I was wondering if anyone has heard of such a things as their alcholic spouse being addicted to their partners

My spouse would stop drinking off and on over the course of our marriage, and it seemed to me that he only became more dependant on me when he wasn't drinking

so it is like a no win..........is there an actual technical terms for a person getting addicted to a person


----------



## voivod

poetprose said:


> I was wondering if anyone has heard of such a things as their alcholic spouse being addicted to their partners
> 
> My spouse would stop drinking off and on over the course of our marriage, and it seemed to me that he only became more dependant on me when he wasn't drinking
> 
> so it is like a no win..........is there an actual technical terms for a person getting addicted to a person


okay group. is this what co-dependecy is? because i've never really believed in codependency. interdependecy is real. codependency sells books.

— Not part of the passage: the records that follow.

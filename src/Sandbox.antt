-- ===== src/Sandbox.antt =====
-- vgseer/vgseer.c: what vgseer reads from the sandbox shell, `sandbox_read` and `process_sandbox`. What
-- `hardened_read` gives, one reading after the other, is a list.
pub mod Pieces
pub mod Extracts
use viewglob.Base.{
  ℕ, false, ◌+◌, List, [], ◌∷◌, ◌++◌, Option, none, some, Bytes, c_string, length, take, drop,
  if◌then◌else◌,
}
use viewglob.Libs.{Libs}
use viewglob.Actions.{exit, action_queue}
use viewglob.ParamIo.{Parameter, p_vgexpand_data}
use viewglob.Orders.{Teller, Wire, Flow, told, clean_fail, put_param_wrapped}

-- A reading: bytes, the end of the file, or an error.
pub data Chunk : Type 0 where
  chunk : Bytes → Chunk
  chunk_end chunk_failed : Chunk

-- How the function ends: with the readings that are left, in `clean_fail`, or not yet, waiting for a
-- reading.
pub data Processed : Type 0 where
  processed : Teller → List Chunk → Processed
  process_fails : Processed
  still_waits : Processed

-- At the end of the file, an action is queued.
abbrev pub queue_exit : Teller → Teller
queue_exit t = record t { queue = (action_queue exit t.queue).0 }

abbrev pub after_put : List Chunk → Flow → Processed
after_put rest (told t) = processed (record t { vgexpand_called = false }) rest
after_put rest clean_fail = process_fails

module _ (libs : Libs) (w : Wire) where
  -- The data is sent off.
  abbrev pub send_off : Bytes → List Chunk → Teller → Processed
  send_off expanded rest t =
      after_put rest (put_param_wrapped w (some (p_vgexpand_data, c_string expanded)) t)

  -- The second loop, up to the mark \003: what is gathered, and the bytes from `start` on.
  unfoldable pub find_end : Bytes → Bytes → List Chunk → Teller → Processed
  unfolding put_param_wrapped
  find_end expanded start [] t = elim (libs.strstr_len start (length start) (3 ∷ [])) [
    | some end ↦ send_off (expanded ++ take end start) [] t
    | none ↦ still_waits
  ]
  find_end expanded start (chunk buf ∷ rest) t =
      let further = find_end (expanded ++ start) buf rest t in
      elim (libs.strstr_len start (length start) (3 ∷ [])) [
        | some end ↦ send_off (expanded ++ take end start) (chunk buf ∷ rest) t
        | none ↦ further
      ]
  find_end expanded start (chunk_end ∷ rest) t =
      elim (libs.strstr_len start (length start) (3 ∷ [])) [
        | some end ↦ send_off (expanded ++ take end start) (chunk_end ∷ rest) t
        | none ↦ processed (queue_exit t) rest
      ]
  find_end expanded start (chunk_failed ∷ rest) t =
      elim (libs.strstr_len start (length start) (3 ∷ [])) [
        | some end ↦ send_off (expanded ++ take end start) (chunk_failed ∷ rest) t
        | none ↦ process_fails
      ]

  -- The first loop, up to the mark \002.
  unfoldable pub find_start : Bytes → List Chunk → Teller → Processed
  unfolding find_end
  find_start buf [] t = elim (libs.strstr_len buf (length buf) (2 ∷ [])) [
    | some start ↦ find_end [] (drop (start + 1) buf) [] t
    | none ↦ still_waits
  ]
  find_start buf (chunk next ∷ rest) t =
      let further = find_start next rest t in
      elim (libs.strstr_len buf (length buf) (2 ∷ [])) [
        | some start ↦ find_end [] (drop (start + 1) buf) (chunk next ∷ rest) t
        | none ↦ further
      ]
  find_start buf (chunk_end ∷ rest) t = elim (libs.strstr_len buf (length buf) (2 ∷ [])) [
    | some start ↦ find_end [] (drop (start + 1) buf) (chunk_end ∷ rest) t
    | none ↦ processed (queue_exit t) rest
  ]
  find_start buf (chunk_failed ∷ rest) t = elim (libs.strstr_len buf (length buf) (2 ∷ [])) [
    | some start ↦ find_end [] (drop (start + 1) buf) (chunk_failed ∷ rest) t
    | none ↦ process_fails
  ]

  unfoldable pub process_sandbox : List Chunk → Teller → Processed
  unfolding find_start
  process_sandbox [] t = still_waits
  process_sandbox (chunk buf ∷ rest) t =
      if t.vgexpand_called then find_start buf rest t else processed t rest
  process_sandbox (chunk_end ∷ rest) t = processed (queue_exit t) rest
  process_sandbox (chunk_failed ∷ rest) t = process_fails
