-- ===== src/Sandbox/Pieces.antt =====
-- vgseer/vgseer.c: readings cut at any place, and the marks in them.
use viewglob.Base.{
  ℕ, zero, suc, ◌+◌, ◌<◌, ◌≡◌, refl, ap, ◌⊎◌, inl, inr, true, List, [], ◌∷◌, ◌++◌, Bytes, c_string,
  length, take, drop, arith, lacks, other_first, other_rest,
}
use native.Mathlib.Nat.{suc-add}
use viewglob.Sandbox.{Chunk, chunk}

-- Readings of some bytes, and others behind them.
abbrev pub chunks : List Bytes → List Chunk → List Chunk
chunks [] more = more
chunks (c ∷ cs) more = chunk c ∷ chunks cs more

-- A mark is in the first part, or the first part is before it.
pub first_part :
    (m : ℕ) (start rest text post : Bytes)
    → start ++ rest ≡ text ++ (m ∷ post)
    → ((p : Bytes) × (start ≡ text ++ (m ∷ p)) × (p ++ rest ≡ post))
      ⊎ ((x : Bytes) × (text ≡ start ++ x) × (rest ≡ x ++ (m ∷ post)))
first_part m [] rest text post h = inr (text, refl, h)
first_part m (a ∷ s) rest [] post h = inl (s, cc h, ap (drop 1) h)
first_part m (a ∷ s) rest (b ∷ t) post h = elim (first_part m s rest t post (ap (drop 1) h)) [
  | inl (p, e, f) ↦ inl (p, cc (h, e), f)
  | inr (x, e, f) ↦ inr (x, cc (h, e), f)
]

pub lacks-OccursAt :
    (m : ℕ) (l r : Bytes) (i : ℕ)
    → lacks m l ≡ true
    → i < length l
    → ¬ (take 1 (drop i (l ++ r)) ≡ m ∷ [])
lacks-OccursAt m [] r i k h e = absurd (omega arith)
lacks-OccursAt m (x ∷ l) r zero k h e =
    let y : x ≡ m = cc e in absurd (ground (arith, other_first m x l k))
lacks-OccursAt m (x ∷ l) r (suc i) k h e =
    lacks-OccursAt m l r i (other_rest m x l k) (omega (arith, h)) e

pub lacks_left : (m : ℕ) (s x : Bytes) → lacks m (s ++ x) ≡ true → lacks m s ≡ true
lacks_left m [] x h = refl
lacks_left m (a ∷ s) x h =
    rw (other_first m a (s ++ x) h) (lacks_left m s x (other_rest m a (s ++ x) h))

pub lacks_right : (m : ℕ) (s x : Bytes) → lacks m (s ++ x) ≡ true → lacks m x ≡ true
lacks_right m [] x h = h
lacks_right m (a ∷ s) x h = lacks_right m s x (other_rest m a (s ++ x) h)

pub lacks-c_string : (l : Bytes) → lacks 0 l ≡ true → c_string l ≡ l
lacks-c_string [] h = refl
lacks-c_string (zero ∷ l) h = cc h
lacks-c_string (suc c ∷ l) h = ap (λ s. suc c ∷ s) (lacks-c_string l (other_rest 0 (suc c) l h))

pub drop_mark : (l p : Bytes) (m : ℕ) → drop (length l + 1) (l ++ (m ∷ p)) ≡ p
drop_mark [] p m = refl
drop_mark (x ∷ l) p m = rw suc-add (drop_mark l p m)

your answer, for me, was yes poetprose. when i was drinking, i didn't need $#!t from my wife. i became awfully needy when i quit. it's been a hard road that way. but a year-plus of sobriety, and i think i've found my way.


----------



## preso

poetprose said:


> is there an actual technical terms for a person getting addicted to a person



yes
its called a PARASITIC ( maybe spelled wrong... like parasite)
relationship.

They need you to feed on and off of to survive or keep doing whatever it is they do.

Maybe thats the term your looking for.
Could also be several other problems of the mentally ill nature.


----------



## voivod

preso said:


> yes
> its called a PARASITIC ( maybe spelled wrong... like parasite)
> relationship.
> 
> They need you to feed on and off of to survive or keep doing whatever it is they do.


parasite sounds so perjorative. and so accurate. maybe not in this case, but as the op described her perception of it. thank you.


----------



## preso

guess that you need to do is read about the psychology of addictions and see where you might fit into the picture

you have a dysfunctional relationship for sure although I have no idea why or how it happened or kept going so long.


----------